Lots of Nays so far...I can't say I'm really surprised. Politics is definitely a touchy subject. But at the same time, Americans especially don't talk politics enough, which I think is why we keep getting shafted!


----------



## invisible (Jul 9, 2008)

I think TPF has seen enough animosity in the recent weeks as it is, and we are only discussing a tame issue like photography. I commend you for the idea, but a political forum would kill the friendliness of the site &#8211;and once you get there, there's no return.


----------



## Corry (Jul 9, 2008)

Without reading the responses, I will just have to say, I will raise one HELL of a fuss against a political forum here.  Not that I, even as a mod, have last say in anything, but I certainly will fight it to the end.  

I will admit, on another, non-photography forum I'm on, I spend a lot of time in the politics forum, but it is also the most heated area of the forum, and where the most non-spammer bannings happen (by far).  

I'm far too close to people here to start letting political views cloud things.  As much as I'd like to say it's easy for people to separate political views from other parts of life, it's just not true.  People are passionate about thier political views, myself included, and things like that can change a persons view of another, unfortunately.  I don't want that happening here.  

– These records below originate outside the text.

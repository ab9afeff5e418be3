-- ===== src/Paths/Names.antt =====
-- The names that `Path` reads out of a text, and printing a path back.
use agent_workspace_guard.Base.{
  ◌≡◌, ◌≢◌, refl, ap, ◌∙◌, Bool-cases, false, inl, inr, List, [], ◌∷◌, ◌++◌, Text, ◌==◌, contains,
  nat_eq, list_eq, filter, All, split, join, push_char, arith, ℕ,
}
use agent_workspace_guard.Paths.{FilePath, slash, dot, root_part, is_kept}

-- A component that a tuple of parts may hold behind its root.
abbrev pub IsName : Text → Type 0
IsName part = (part ≢ []) × (part ≢ dot) × (contains part slash ≡ false)

-- The parts of a relative path.
abbrev pub IsRelative : FilePath → Type 0
IsRelative = All IsName

abbrev Lacks : ℕ → Text → Type 0
Lacks c part = contains part c ≡ false

All-push_char :
    (c s : ℕ) (parts : List Text)
    → (c == s) ≡ false
    → All (Lacks s) parts
    → All (Lacks s) (push_char c parts)
All-push_char c s [] h k = (ground arith, tt)
All-push_char c s (part ∷ parts) h (k, ks) = (ground arith, ks)

split-Lacks : (s : ℕ) (text : Text) → All (Lacks s) (split s text)
unfolding split
split-Lacks s [] = (refl, tt)
split-Lacks s (c ∷ text) = elim (Bool-cases (c == s)) [
  | inl same ↦ rw same (refl, split-Lacks s text)
  | inr other ↦ rw other (All-push_char c s _ other (split-Lacks s text))
]

filter_kept : (parts : List Text) → All (Lacks slash) parts → IsRelative (filter is_kept parts)
unfolding filter
filter_kept [] h = tt
filter_kept (part ∷ parts) (h, hs) = ground (arith, filter_kept parts hs)

-- What stands behind the root is made of names.
pub split-IsRelative : (text : Text) → IsRelative (filter is_kept (split slash text))
split-IsRelative text = filter_kept _ (split-Lacks slash text)

pub filter_all : (parts : FilePath) → IsRelative parts → filter is_kept parts ≡ parts
unfolding filter
filter_all [] h = refl
filter_all (part ∷ parts) (h, hs) = ground (arith, filter_all parts hs)

split-append :
    (s : ℕ) (part text : Text) → Lacks s part → split s (part ++ (s ∷ text)) ≡ part ∷ split s text
unfolding split
split-append s [] text h = ground arith
split-append s (c ∷ part) text h = ground (arith, split-append s part text)

split_single : (s : ℕ) (part : Text) → Lacks s part → split s part ≡ part ∷ []
unfolding split
split_single s [] h = refl
split_single s (c ∷ part) h = ground (arith, split_single s part)

pub split-join :
    (part : Text) (parts : FilePath)
    → IsRelative (part ∷ parts)
    → split slash (join root_part (part ∷ parts)) ≡ part ∷ parts
unfolding join
split-join part [] (h, hs) = split_single slash part h.2
split-join part (next ∷ parts) (h, hs) =
    split-append slash part _ h.2 ∙ ap (λ rest. part ∷ rest) (split-join next parts hs)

It's late, and I'm tired, and I don't know if I'm making sense, so I'm gonna shut up now.


----------



## Mitica100 (Jul 9, 2008)

No, no and no. Just my humble opinion.


----------



## bigalbest (Jul 9, 2008)

Normally I might say yes but after spending a little time on this forum I can see why not. I am on another forum where there is a spirited longtime debate going on some hot topics. I enjoy the argument very much, never taking serious offense either way. Guess it's not for everyone (an acquired taste).


----------



## Senor Hound (Jul 10, 2008)

I said maybe, but I can understand why people would say no.  Human nature has this HORRIBLE tendency to want to FORCE opinions on others.  I have very rarely seen a person be okay with someone disagreeing with them, to the point of being able to keep their mouth shut after someone rebuts their argument.  They have to go on and on and on and on and on and on...about how their point makes more sense than the other person's.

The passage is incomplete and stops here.